REFERENCE EXAMPLE 2 Sample Z8 and untreated zinc oxide showed a moist feeling,
The moist feeling was compared using 20 panelists. Z8
The table below shows the number of respondents who answered that N was excellent (treated row in the table) and the number of those who answered that untreated zinc oxide was superior (untreated row in the table).

[Table 2]

REFERENCE EXAMPLE 3 Samples S9 and S10 were compared with untreated silica powder and methylsiloxane powder, respectively, for a moisturizing feeling and a moist feeling using 20 panelists. S9, S10
The table below shows the number of respondents who answered that the sample was excellent (processed row in the table) and the number of people who answered that the untreated sample was better (unprocessed row in the table).

[Table 3]

 ──────────────────────────────────────────────────続 き Continued on the front page F term (reference) 4C083 AA021 AA072 AB171 AB172 AB211 AB212 AB241 AB242 AB431 AB441 AC911 AC912 AD071 AD091 AD151 AD152 AD211 AD212 AD411 AD432 BB60 CC01 DD17 EE01 EE06 FF01

Claims (8)

[Claims] 1. A powder treated with a silicon compound in which a natural hydrophilic substance and polysiloxane or silane are combined. 2. A powder treated with a silicon compound in which a natural hydrophilic substance and polysiloxane or silane are bonded, and a silicon compound which generates a silanol hydroxyl group by hydrolysis. 3. A silicon compound in which a natural hydrophilic substance and a polysiloxane or silane are bonded to each other, which is obtained by condensation polymerization of a silicon compound having a hydroxyl group and a silicon compound which produces a silanol hydroxyl group by hydrolysis.

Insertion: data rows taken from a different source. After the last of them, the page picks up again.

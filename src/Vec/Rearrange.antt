-- ===== src/Vec/Rearrange.antt =====
-- Sub-vectors, reversal and concatenation: include/alpaka/vec/Vec.hpp and vec/Traits.hpp.
pub mod Laws
use alpaka.Base.{
  ℕ, zero, suc, ◌+◌, ◌-◌, List, [], ◌∷◌, map, length, get_or, set, leb, if◌then◌else◌,
}
use alpaka.Vec.Fold.{Vec, zeros}

-- std::integer_sequence of the values `offset, …, offset + n - 1`.
unfoldable pub index_sequence : ℕ → ℕ → List ℕ
index_sequence offset zero = []
index_sequence offset (suc n) = offset ∷ index_sequence (offset + 1) n

unfoldable pub sub_vec_from_indices : List ℕ → Vec → Vec
sub_vec_from_indices indices vec = map (λ i. get_or vec i 0) indices

unfoldable pub sub_vec_begin : ℕ → Vec → Vec
unfolding index_sequence sub_vec_from_indices
sub_vec_begin sub_dim vec = sub_vec_from_indices (index_sequence 0 sub_dim) vec

unfoldable pub sub_vec_end : ℕ → Vec → Vec
unfolding index_sequence sub_vec_from_indices
sub_vec_end sub_dim vec = sub_vec_from_indices (index_sequence (length vec - sub_dim) sub_dim) vec

-- `for(i = i0; i < i0 + left; ++i) r[base + i] = f(i);`
unfoldable pub fill : ℕ → (ℕ → ℕ) → ℕ → ℕ → Vec → Vec
fill base f zero i r = r
fill base f (suc left) i r = fill base f left (i + 1) (set r (base + i) (f i))

unfoldable pub reverse_vec : Vec → Vec
unfolding fill zeros
reverse_vec vec =
    if leb (length vec) 1
    then vec
    else fill 0 (λ i. get_or vec (length vec - 1 - i) 0) (length vec) 0 (zeros (length vec))

unfoldable pub concat_vec : Vec → Vec → Vec
unfolding fill zeros
concat_vec vec_l vec_r =
    let r = fill 0 (λ i. get_or vec_l i 0) (length vec_l) 0 (zeros (length vec_l + length vec_r)) in
    fill (length vec_l) (λ i. get_or vec_r i 0) (length vec_r) 0 r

Powder treated with a condensation polymer. 4. The powder according to claim 1, wherein the natural hydrophilic substance is a polyamino acid, a polysaccharide or a hydrolyzed protein. 5. The powder according to claim 1, wherein the silicon compound in which a natural hydrophilic substance and polysiloxane or silane are bonded is a silylated peptide. 6. A silicon compound which produces a silanol hydroxyl group by hydrolysis is methyltriethoxysilane, methyltrimethoxysilane, methyltrichlorosilane, dimethyldiethoxysilane, dimethyldimethoxysilane, dimethyldichlorosilane, phenyltriethoxysilane,
Phenyltrimethoxysilane, phenyltrichlorosilane, hexyltriethoxysilane, hexyltrimethoxysilane, hexyltrichlorosilane, octyltriethoxysilane, octyltrimethoxysilane, octyltrichlorosilane, decyltriethoxysilane, decyltrimethoxysilane, decyltrichlorosilane 4. The powder according to claim 2, which is at least one silane selected from the group consisting of tetraethoxysilane, trimethylchlorosilane, hexamethyldisilazane, hexamethyldisiloxane, and perfluoroalkyltrimethoxysilane. body. 7. The powder to be treated is titanium oxide, zinc oxide, talc, kaolin, sericite, fish scale foil, silica,
The mica, nylon, polyacrylic and methyl siloxane are selected from the group consisting of,
6. Powder according to 6. 8. A cosmetic containing the powder according to claim 1.